# fur bear



## Helma (Oct 6, 2012)

Finally finished my fur bear .He is made with a recycled mink coat . It is the first one I did all by myself . I did one earlier in the year with a lot of help from my friend .I am proud of myself even though not fully satisfied with the result . He has a crooked smirk as I blew out the seam on his snout while stuffing .Oh well he looks comical .He doesn't have a name yet . Any suggestions ? His sibling's name is Felicity.


----------



## JessMarsh (Aug 25, 2013)

He is lovely ...definitely a Sidney grandpa


----------



## inkie (Jul 10, 2013)

Oh, whow, they are so cute! He looks a bit like a professor bear to me! What a handsome couple you've made!


----------



## Misty Mama (Dec 13, 2013)

Helma. He's adorable. Very natty


----------



## Kadydee (Apr 28, 2011)

The are both adorable. Love them. And the little crooked smirk really gives him personality. You did a fantastic job!


----------



## lovingknits (Jun 27, 2013)

He looks like a Maximilian to me


----------



## Helma (Oct 6, 2012)

My original intention was to make him a grumpy grandpa reading his newspaper .


----------



## Gayn (Nov 23, 2012)

They are both gorgeous. I think he looks like a Frederick. :thumbup:


----------



## Xiang (Sep 3, 2011)

Helma said:


> My original intention was to make him a grumpy grandpa reading his newspaper .

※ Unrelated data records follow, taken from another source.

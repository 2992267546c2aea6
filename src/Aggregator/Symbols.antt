-- ===== src/Aggregator/Symbols.antt =====
-- The symbols of what `Add` of internal/domain/aggregator.go returns.
use mathlib.Core.Option.{some-injective}
use termino.Prelude.{◌≡◌, refl, sym, ap, subst, List, [], ◌∷◌, Option, none, some, All}
use termino.Prelude.Int.{ℤ}
use termino.Prelude.Text.{Text}
use termino.Float.{Float}
use termino.Models.{PriceEvent, AggregatedPrice}
use termino.Aggregator.{
  PriceWindow, PriceAggregator, report, aggregate_of, compute_aggregate, add, run,
}
use termino.Aggregator.Window.{pushed, add_inversion}

module _ {F : Type 0} ⦃fl : Float F⦄ where
  symbol-aggregate_of :
      (now : ℤ) (s : Text) (w : PriceWindow F) (ps : List (PriceEvent F)) {r : AggregatedPrice F}
      → aggregate_of now s w ps ≡ some r
      → r.symbol ≡ s
  unfolding aggregate_of report
  symbol-aggregate_of now s w [] h = cc
  symbol-aggregate_of now s w (p ∷ ps) h =
      ap (λ (q : AggregatedPrice F). q.symbol) (sym (some-injective _ _ h))

  symbol-add :
      (now : ℤ) (a : PriceAggregator F) (e : PriceEvent F) {b : PriceAggregator F}
      {r : AggregatedPrice F}
      → add now a e ≡ some (b, r)
      → r.symbol ≡ e.symbol
  unfolding compute_aggregate
  symbol-add now a e h =
      symbol-aggregate_of now e.symbol (pushed a e) (pushed a e).prices (add_inversion now a e h).1

  abbrev with_result :
      AggregatedPrice F
      → Option (PriceAggregator F × List (AggregatedPrice F))
      → Option (PriceAggregator F × List (AggregatedPrice F))
  with_result r o = elim o [ none ↦ none | some (c, rs) ↦ some (c, r ∷ rs) ]

  abbrev proceed :
      List (ℤ × PriceEvent F)
      → Option (PriceAggregator F × AggregatedPrice F)
      → Option (PriceAggregator F × List (AggregatedPrice F))
  proceed es o = elim o [ none ↦ none | some (b, r) ↦ with_result r (run b es) ]

  -- Each result of a run that did not panic has `P`.
  abbrev HasSymbols :
      (Text → Type 0) → Option (PriceAggregator F × List (AggregatedPrice F)) → Type 0
  HasSymbols P none = Unit
  HasSymbols P (some (c, rs)) = All (λ r. P r.symbol) rs

  with_result-HasSymbols :
      (P : Text → Type 0) (r : AggregatedPrice F)
      (o : Option (PriceAggregator F × List (AggregatedPrice F)))
      → P r.symbol
      → HasSymbols P o
      → HasSymbols P (with_result r o)
  with_result-HasSymbols P r none p h = tt
  with_result-HasSymbols P r (some (c, rs)) p h = (p, h)

  proceed-HasSymbols :
      (P : Text → Type 0) (now : ℤ) (a : PriceAggregator F) (e : PriceEvent F)
      (es : List (ℤ × PriceEvent F)) (o : Option (PriceAggregator F × AggregatedPrice F))
      → add now a e ≡ o
      → P e.symbol
      → ((b : PriceAggregator F) → HasSymbols P (run b es))
      → HasSymbols P (proceed es o)
  proceed-HasSymbols P now a e es none h p f = tt
  proceed-HasSymbols P now a e es (some (b, r)) h p f =
      with_result-HasSymbols P r (run b es) (subst P (sym (symbol-add now a e h)) p) (f b)

  run-HasSymbols :
      (P : Text → Type 0) (a : PriceAggregator F) (es : List (ℤ × PriceEvent F))
      → All (λ e. P e.1.symbol) es
      → HasSymbols P (run a es)
  unfolding run
  run-HasSymbols P a [] k = tt
  run-HasSymbols P a ((now, e) ∷ es) k =
      proceed-HasSymbols P now a e es (add now a e) refl k.0 (λ b. run-HasSymbols P b es k.1)

  -- What holds of the symbols of the events holds of those of the aggregates.
  pub run-symbols :
      (P : Text → Type 0) (a : PriceAggregator F) (es : List (ℤ × PriceEvent F))
      (c : PriceAggregator F) (rs : List (AggregatedPrice F))
      → run a es ≡ some (c, rs)
      → All (λ e. P e.1.symbol) es
      → All (λ r. P r.symbol) rs
  run-symbols P a es c rs h k = subst (HasSymbols P) h (run-HasSymbols P a es k)
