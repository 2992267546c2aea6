-- ===== src/Prelude/Decimal.antt =====
-- Decimal text: `strconv.Itoa`, `fmt.Sprintf("%d", n)` and `strconv.Atoi` on a 64-bit `int`.
use Prim.Native.Nat.{ℕ, zero, suc, ◌+◌, ◌-◌, ◌*◌, ◌/◌, ◌%◌, ◌^◌, ◌<◌}
use mathlib.Core.Path.{◌≡◌, sym, ap, ◌∙◌}
use mathlib.Core.Option.{some-injective}
use mathlib.Core.Bool.{Bool, true, ◌&&◌}
use mathlib.Core.Option.{Option, none, some}
use mathlib.Core.List.{[], ◌∷◌, ◌++◌}
use mathlib.Core.Logic.{inl, inr}
use native.Mathlib.Omega.{arith}
use termino.Prelude.Tests.{ltb, leb, nat_beq, if◌then◌else◌, Bool-cases}
use termino.Prelude.Int.{ℤ, pos, negsuc}
use termino.Prelude.Text.{Text}

abbrev pub is_digit : ℕ → Bool
is_digit c = leb b'0' c && leb c b'9'

-- The digits of `n`, the last one first written; the fuel bounds their number.
digits_fuel : ℕ → ℕ → Text
digits_fuel zero n = []
digits_fuel (suc f) n =
    let front = digits_fuel f (n / 10) in
    if ltb n 10 then (n + b'0') ∷ [] else front ++ (n % 10 + b'0') ∷ []

unfoldable pub print_nat : ℕ → Text
unfolding digits_fuel
print_nat n = digits_fuel (suc n) n

unfoldable pub itoa : ℤ → Text
unfolding print_nat
itoa (pos n) = print_nat n
itoa (negsuc n) = b'-' ∷ print_nat (suc n)

-- A run of digits read from the left; any other character is an error.
parse_digits : ℕ → Text → Option ℕ
parse_digits acc [] = some acc
parse_digits acc (c ∷ s) =
    let rest = parse_digits (acc * 10 + (c - b'0')) s in if is_digit c then rest else none

parse_nat : Text → Option ℕ
unfolding parse_digits
parse_nat [] = none
parse_nat (c ∷ s) = parse_digits 0 (c ∷ s)

abbrev pub int_limit : ℕ
int_limit = 2 ^ 63

-- The value must fit a signed 64-bit integer.
pos_in_range : Option ℕ → Option ℤ
pos_in_range none = none
pos_in_range (some n) = if ltb n int_limit then some (pos n) else none

neg_in_range : Option ℕ → Option ℤ
neg_in_range none = none
neg_in_range (some zero) = some (pos 0)
neg_in_range (some (suc n)) = if ltb n int_limit then some (negsuc n) else none

unfoldable pub atoi : Text → Option ℤ
unfolding parse_nat pos_in_range neg_in_range
atoi [] = none
atoi (c ∷ s) =
    if nat_beq c b'-'
    then neg_in_range (parse_nat s)
    else if nat_beq c b'+'
    then pos_in_range (parse_nat s)
    else pos_in_range (parse_nat (c ∷ s))

parse_digits-append :
    (acc : ℕ) (s : Text) (c v : ℕ)
    → parse_digits acc s ≡ some v
    → is_digit c ≡ true
    → parse_digits acc (s ++ c ∷ []) ≡ some (v * 10 + (c - b'0'))
unfolding parse_digits
parse_digits-append acc [] c v h d = ground arith
parse_digits-append acc (x ∷ s) c v h d =
    ground (arith, parse_digits-append (acc * 10 + (x - b'0')) s c v)

parse_digits-one : (n : ℕ) → n < 10 → parse_digits 0 ((n + b'0') ∷ []) ≡ some n
unfolding parse_digits
parse_digits-one n h = ground arith

is_digit_code : (n : ℕ) → is_digit (n % 10 + b'0') ≡ true
is_digit_code n = ground arith

parse_digits-digits_fuel : (f n : ℕ) → n < f → parse_digits 0 (digits_fuel f n) ≡ some n
unfolding digits_fuel
parse_digits-digits_fuel zero n h = absurd (omega arith)
parse_digits-digits_fuel (suc f) n h = elim (Bool-cases (ltb n 10)) [
  | inl short ↦ rw short (parse_digits-one n (ground arith))
  | inr long ↦ rw long (
      parse_digits-append 0 (digits_fuel f (n / 10)) (n % 10 + b'0') (n / 10)
        (parse_digits-digits_fuel f (n / 10) (ground arith)) (is_digit_code n)
      ∙ ap {B = Option ℕ} some (omega arith))
]

-- Different numbers are printed differently.
pub print_nat_injective : (m n : ℕ) → print_nat m ≡ print_nat n → m ≡ n
unfolding print_nat
print_nat_injective m n h = some-injective _ _ (
    sym (parse_digits-digits_fuel (suc m) m (omega arith))
    ∙ ap (parse_digits 0) h
    ∙ parse_digits-digits_fuel (suc n) n (omega arith))

-- A printed number starts with a digit, so it is read without a sign.
abbrev StartsWithDigit : Text → Type 0
StartsWithDigit [] = ⊥
StartsWithDigit (c ∷ s) = is_digit c ≡ true

StartsWithDigit-append : (s t : Text) → StartsWithDigit s → StartsWithDigit (s ++ t)
StartsWithDigit-append [] t h = absurd h
StartsWithDigit-append (c ∷ s) t h = h

digits_fuel-StartsWithDigit : (f n : ℕ) → n < f → StartsWithDigit (digits_fuel f n)
unfolding digits_fuel
digits_fuel-StartsWithDigit zero n h = absurd (omega arith)
digits_fuel-StartsWithDigit (suc f) n h = elim (Bool-cases (ltb n 10)) [
  | inl short ↦ rw short (ground arith)
  | inr long ↦ rw long (
      StartsWithDigit-append (digits_fuel f (n / 10)) _
        (digits_fuel-StartsWithDigit f (n / 10) (ground arith)))
]

atoi_of_digits :
    (s : Text) (n : ℕ)
    → StartsWithDigit s
    → parse_digits 0 s ≡ some n
    → n < int_limit
    → atoi s ≡ some (pos n)
unfolding atoi
atoi_of_digits [] n d h b = absurd d
atoi_of_digits (c ∷ s) n d h b = ground arith

atoi-itoa_pos : (n : ℕ) → n < int_limit → atoi (itoa (pos n)) ≡ some (pos n)
unfolding itoa
atoi-itoa_pos n h =
    atoi_of_digits _ n (digits_fuel-StartsWithDigit (suc n) n (omega arith))
      (parse_digits-digits_fuel (suc n) n (omega arith)) h

atoi_of_negative :
    (s : Text) (n : ℕ)
    → StartsWithDigit s
    → parse_digits 0 s ≡ some (suc n)
    → n < int_limit
    → atoi (b'-' ∷ s) ≡ some (negsuc n)
unfolding atoi
atoi_of_negative [] n d h b = absurd d
atoi_of_negative (c ∷ s) n d h b = ground arith

-- The integers of 64 bits.
abbrev pub FitsInt : ℤ → Type 0
FitsInt (pos n) = n < int_limit
FitsInt (negsuc n) = n < int_limit

-- `Atoi` reads back what `Itoa` writes.
pub atoi-itoa : (n : ℤ) → FitsInt n → atoi (itoa n) ≡ some n
unfolding itoa
atoi-itoa (pos n) h = atoi-itoa_pos n h
atoi-itoa (negsuc n) h =
    atoi_of_negative _ n (digits_fuel-StartsWithDigit (suc (suc n)) (suc n) (omega arith))
      (parse_digits-digits_fuel (suc (suc n)) (suc n) (omega arith)) h

pos_in_range-FitsInt : (o : Option ℕ) (n : ℤ) → pos_in_range o ≡ some n → FitsInt n
unfolding pos_in_range
pos_in_range-FitsInt none n h = cc
pos_in_range-FitsInt (some k) (pos m) h = ground arith
pos_in_range-FitsInt (some k) (negsuc m) h = ground arith

neg_in_range-FitsInt : (o : Option ℕ) (n : ℤ) → neg_in_range o ≡ some n → FitsInt n
unfolding neg_in_range
neg_in_range-FitsInt none n h = cc
neg_in_range-FitsInt (some zero) (pos m) h = ground arith
neg_in_range-FitsInt (some zero) (negsuc m) h = ground arith
neg_in_range-FitsInt (some (suc k)) (pos m) h = ground arith
neg_in_range-FitsInt (some (suc k)) (negsuc m) h = ground arith

-- Whatever `Atoi` accepts fits 64 bits.
pub atoi-FitsInt : (s : Text) (n : ℤ) → atoi s ≡ some n → FitsInt n
unfolding atoi
atoi-FitsInt [] n h = cc
atoi-FitsInt (c ∷ s) n h = elim (Bool-cases (nat_beq c b'-')) [
  | inl e ↦ neg_in_range-FitsInt (parse_nat s) n (rw e at h)
  | inr e ↦ elim (Bool-cases (nat_beq c b'+')) [
    | inl f ↦ pos_in_range-FitsInt (parse_nat s) n (rw (e, f) at h)
    | inr f ↦ pos_in_range-FitsInt (parse_nat (c ∷ s)) n (rw (e, f) at h)
  ]
]
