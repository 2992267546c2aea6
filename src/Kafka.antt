-- ===== src/Kafka.antt =====
-- pkg/kafka: the messages of kafka-go, as far as the program reads and builds them, and the retry
-- count that pkg/kafka/consumer.go keeps in their headers. Bytes are texts.
pub mod Headers
pub mod Consumer
pub mod Topics
pub mod Attempts
use termino.Prelude.{
  Bool, true, false, List, [], ◌∷◌, ◌++◌, Option, none, some, if◌then◌else◌, ◌==◌,
}
use termino.Prelude.Int.{ℤ, pos}
use termino.Prelude.Decimal.{atoi, itoa}
use termino.Prelude.Text.{Text, text_eq, codes}

pub record Header : Type 0 where
  pub key : Text
  pub value : Text

pub record Message : Type 0 where
  pub topic : Text
  pub key : Text
  pub value : Text
  pub headers : List Header

abbrev pub retry_count : Text
retry_count = codes "retry-count"

-- The value of the first retry header that is a number.
count_or_rest : Option ℤ → ℤ → ℤ
count_or_rest (some count) rest = count
count_or_rest none rest = rest

unfoldable pub get_retry_count : List Header → ℤ
unfolding count_or_rest
get_retry_count [] = pos 0
get_retry_count (h ∷ hs) =
    let rest = get_retry_count hs in
    if h.key == retry_count then count_or_rest (atoi h.value) rest else rest

abbrev pub retry_header : ℤ → Header
retry_header count = record { key = retry_count; value = itoa count }

-- The loop of `updateRetryHeader`: the new headers, and whether a retry header was found.
pub replace_retry : List Header → ℤ → List Header × Bool
replace_retry [] count = ([], false)
replace_retry (h ∷ hs) count =
    let (result, found) = replace_retry hs count in
    if h.key == retry_count then (retry_header count ∷ result, true) else (h ∷ result, found)

append_unless : List Header × Bool → ℤ → List Header
append_unless (result, true) count = result
append_unless (result, false) count = result ++ retry_header count ∷ []

unfoldable pub update_retry_header : List Header → ℤ → List Header
unfolding replace_retry append_unless
update_retry_header headers count = append_unless (replace_retry headers count) count
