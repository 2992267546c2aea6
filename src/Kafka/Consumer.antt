-- ===== src/Kafka/Consumer.antt =====
-- pkg/kafka/consumer.go and pkg/kafka/producer.go. The brokers, the handler and the clock are an
-- environment over a state `S`; what is asked of it is recorded as a list of actions. The loop of
-- `Consume` takes the results of its fetches one by one.
pub mod Committed
pub mod Failures
pub mod Unchanged
use termino.Prelude.{List, [], ◌∷◌, ◌++◌, Option, none, some, if◌then◌else◌}
use termino.Prelude.Int.{ℤ, pos, ◌+ℤ◌, ltb_ℤ}
use termino.Prelude.Decimal.{itoa}
use termino.Prelude.Text.{Text, codes}
use termino.Kafka.{Message, retry_count, get_retry_count, update_retry_header}

-- An error is its text. `write` is `WriteMessages` of a writer with the `Topic` given first.
pub record Env (S : Type 0) : Type 0 where
  pub handle : Message → S → S × Option Text
  pub write : Text → Message → S → S × Option Text
  pub commit : Message → S → S × Option Text
  -- The time in RFC 3339.
  pub clock : S → Text

pub record Consumer : Type 0 where
  pub topic : Text
  pub group : Text
  -- The topic of the dead letter writer, if there is one.
  pub dlq_producer : Option Text
  pub max_retries : ℤ

abbrev pub new_consumer : Text → Text → Consumer
new_consumer topic group = record {
  topic = topic;
  group = group;
  dlq_producer = none;
  max_retries = pos 0;
}

abbrev pub new_consumer_with_dlq : Text → Text → Text → ℤ → Consumer
new_consumer_with_dlq topic group dlq max_retries = record (new_consumer topic group) {
  dlq_producer = some dlq;
  max_retries = max_retries;
}

pub data Action : Type 0 where
  handled : Message → Option Text → Action
  wrote : Text → Message → Option Text → Action
  committed : Message → Option Text → Action

abbrev pub retry_message : Consumer → Message → ℤ → Message
retry_message c msg count = record {
  topic = c.topic;
  key = msg.key;
  value = msg.value;
  headers = update_retry_header msg.headers count;
}

abbrev pub dlq_message : Consumer → Message → Text → ℤ → Text → Message
dlq_message c msg err count now = record {
  topic = [];
  key = msg.key;
  value = msg.value;
  headers =
      record { key = codes "original-topic"; value = c.topic }
      ∷ record { key = codes "original-group"; value = c.group }
      ∷ record { key = codes "error-message"; value = err }
      ∷ record { key = retry_count; value = itoa count }
      ∷ record { key = codes "failed-at"; value = now }
      ∷ [];
}

-- `Publish` of a producer whose writer has this topic.
pub publish : {S : Type 0} → Env S → Text → Text → Text → S → S × Option Text
publish env topic key value s =
    env.write topic (record { topic = []; key = key; value = value; headers = [] }) s

module _ {S : Type 0} (env : Env S) (c : Consumer) where
  pub send_to_dlq : Text → Message → Text → ℤ → S → S × List Action
  send_to_dlq dlq msg err count s =
      let m = dlq_message c msg err count (env.clock s) in
      let (s', e) = env.write dlq m s in (s', wrote dlq m e ∷ [])

  -- A retry that could not be published goes to the dead letters.
  pub after_retry : Text → Message → Text → ℤ → Message → S × Option Text → S × List Action
  unfolding send_to_dlq
  after_retry dlq msg err count m (s, none) = (s, wrote dlq m none ∷ [])
  after_retry dlq msg err count m (s, some e) =
      let (s', acts) = send_to_dlq dlq msg err count s in (s', wrote dlq m (some e) ∷ acts)

  pub fail_with : Option Text → Message → Text → ℤ → S → S × List Action
  unfolding after_retry
  fail_with none msg err count s = (s, [])
  fail_with (some dlq) msg err count s =
      if ltb_ℤ count c.max_retries
      then (let m = retry_message c msg (count +ℤ pos 1) in
          after_retry dlq msg err count m (env.write dlq m s))
      else send_to_dlq dlq msg err count s

  unfoldable pub handle_failure : Message → Text → S → S × List Action
  unfolding fail_with
  handle_failure msg err s = fail_with c.dlq_producer msg err (get_retry_count msg.headers) s

  pub commit_after : Message → S × List Action → S × List Action
  commit_after msg (s, acts) = let (s', e) = env.commit msg s in (s', acts ++ committed msg e ∷ [])

  pub settle : Message → S × Option Text → S × List Action
  unfolding commit_after
  settle msg (s, none) = commit_after msg (s, handled msg none ∷ [])
  settle msg (s, some err) =
      let (s', acts) = handle_failure msg err s in
      commit_after msg (s', handled msg (some err) ∷ acts)

  -- One message that was fetched.
  unfoldable pub process : Message → S → S × List Action
  unfolding settle
  process msg s = settle msg (env.handle msg s)

-- What a round of the loop meets: the context is done before the fetch, a message, or an error of
-- the fetch with the context done or not.
pub data Turn : Type 0 where
  done : Turn
  fetched : Message → Turn
  fetch_failed fetch_cancelled : Turn

-- `closed`: the reader is closed and the loop returns; `returned`: it returns without that.
pub data Outcome : Type 0 where
  waiting closed returned : Outcome

module _ {S : Type 0} (env : Env S) (c : Consumer) where
  unfoldable pub consume : List Turn → S → S × List Action × Outcome
  consume [] s = (s, [], waiting)
  consume (done ∷ ts) s = (s, [], closed)
  consume (fetch_cancelled ∷ ts) s = (s, [], returned)
  consume (fetch_failed ∷ ts) s = consume ts s
  consume (fetched msg ∷ ts) s =
      let (s1, acts) = process env c msg s in
      let (s2, more, o) = consume ts s1 in (s2, acts ++ more, o)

And now he is a cheeky grandpa, like mine was ...........


----------



## Helma (Oct 6, 2012)

Some of the names being considered are :
Bernard
Orson
Osbourne
Cornelius
Oliver
Humphrey
Sebastian
etc.
Can you add to these ?


----------



## jjaffas (Sep 22, 2011)

Lovely luxurious bears. Such character! Love all the details.


----------



## jadancey (May 13, 2011)

I agree with Inkie, he looks like a professor to me too.


----------



## HandyFamily (Sep 30, 2011)

I love them, both!


----------



## Linda888 (Mar 6, 2012)

Gayn said:


> They are both gorgeous. I think he looks like a Frederick. :thumbup:


 :thumbup: :thumbup: :thumbup:


----------



## maureenb (Apr 1, 2011)

I have 3 that have been bought for me..love them,and yours are super!


----------



## Jimmy'swife (Nov 9, 2013)

They are both gorgeous. I think he looks like a Felix.


----------



## Takara (May 20, 2013)

:thumbup: :thumbup: :thumbup: :thumbup:


----------



## Takara (May 20, 2013)

Being a bear collector, they are really lovely! Well done!


----------



## Windbeam (Jul 31, 2011)

Beautiful bears.


----------



## gramtonine (Nov 7, 2011)

How about Felix?


----------



## fenknit (Apr 28, 2012)

Beautiful Bear, perhaps named Professor Franco!
Fenknit


----------



## seedytoe (Jul 31, 2013)

Frank. 
Charming little bears


----------



## jeannietta (Mar 14, 2011)

They are wonderful. You are very talented.


----------



## Morningdancer (Jun 20, 2011)

Absolutely beautiful :thumbup: :thumbup: :thumbup: :thumbup: :thumbup:


----------



## kubbo (Aug 25, 2013)

How abt. Felix?


----------



## Deber (Jun 19, 2011)

I don't know why, but he looks like a George.


----------



## mickey's mom (Sep 21, 2013)

I think Phebs would work.


----------



## byrdgirl (Feb 6, 2013)

Helma said:


> Finally finished my fur bear .He is made with a recycled mink coat . It is the first one I did all by myself . I did one earlier in the year with a lot of help from my friend .I am proud of myself even though not fully satisfied with the result . He has a crooked smirk as I blew out the seam on his snout while stuffing .Oh well he looks comical .He doesn't have a name yet . Any suggestions ? His sibling's name is Felicity.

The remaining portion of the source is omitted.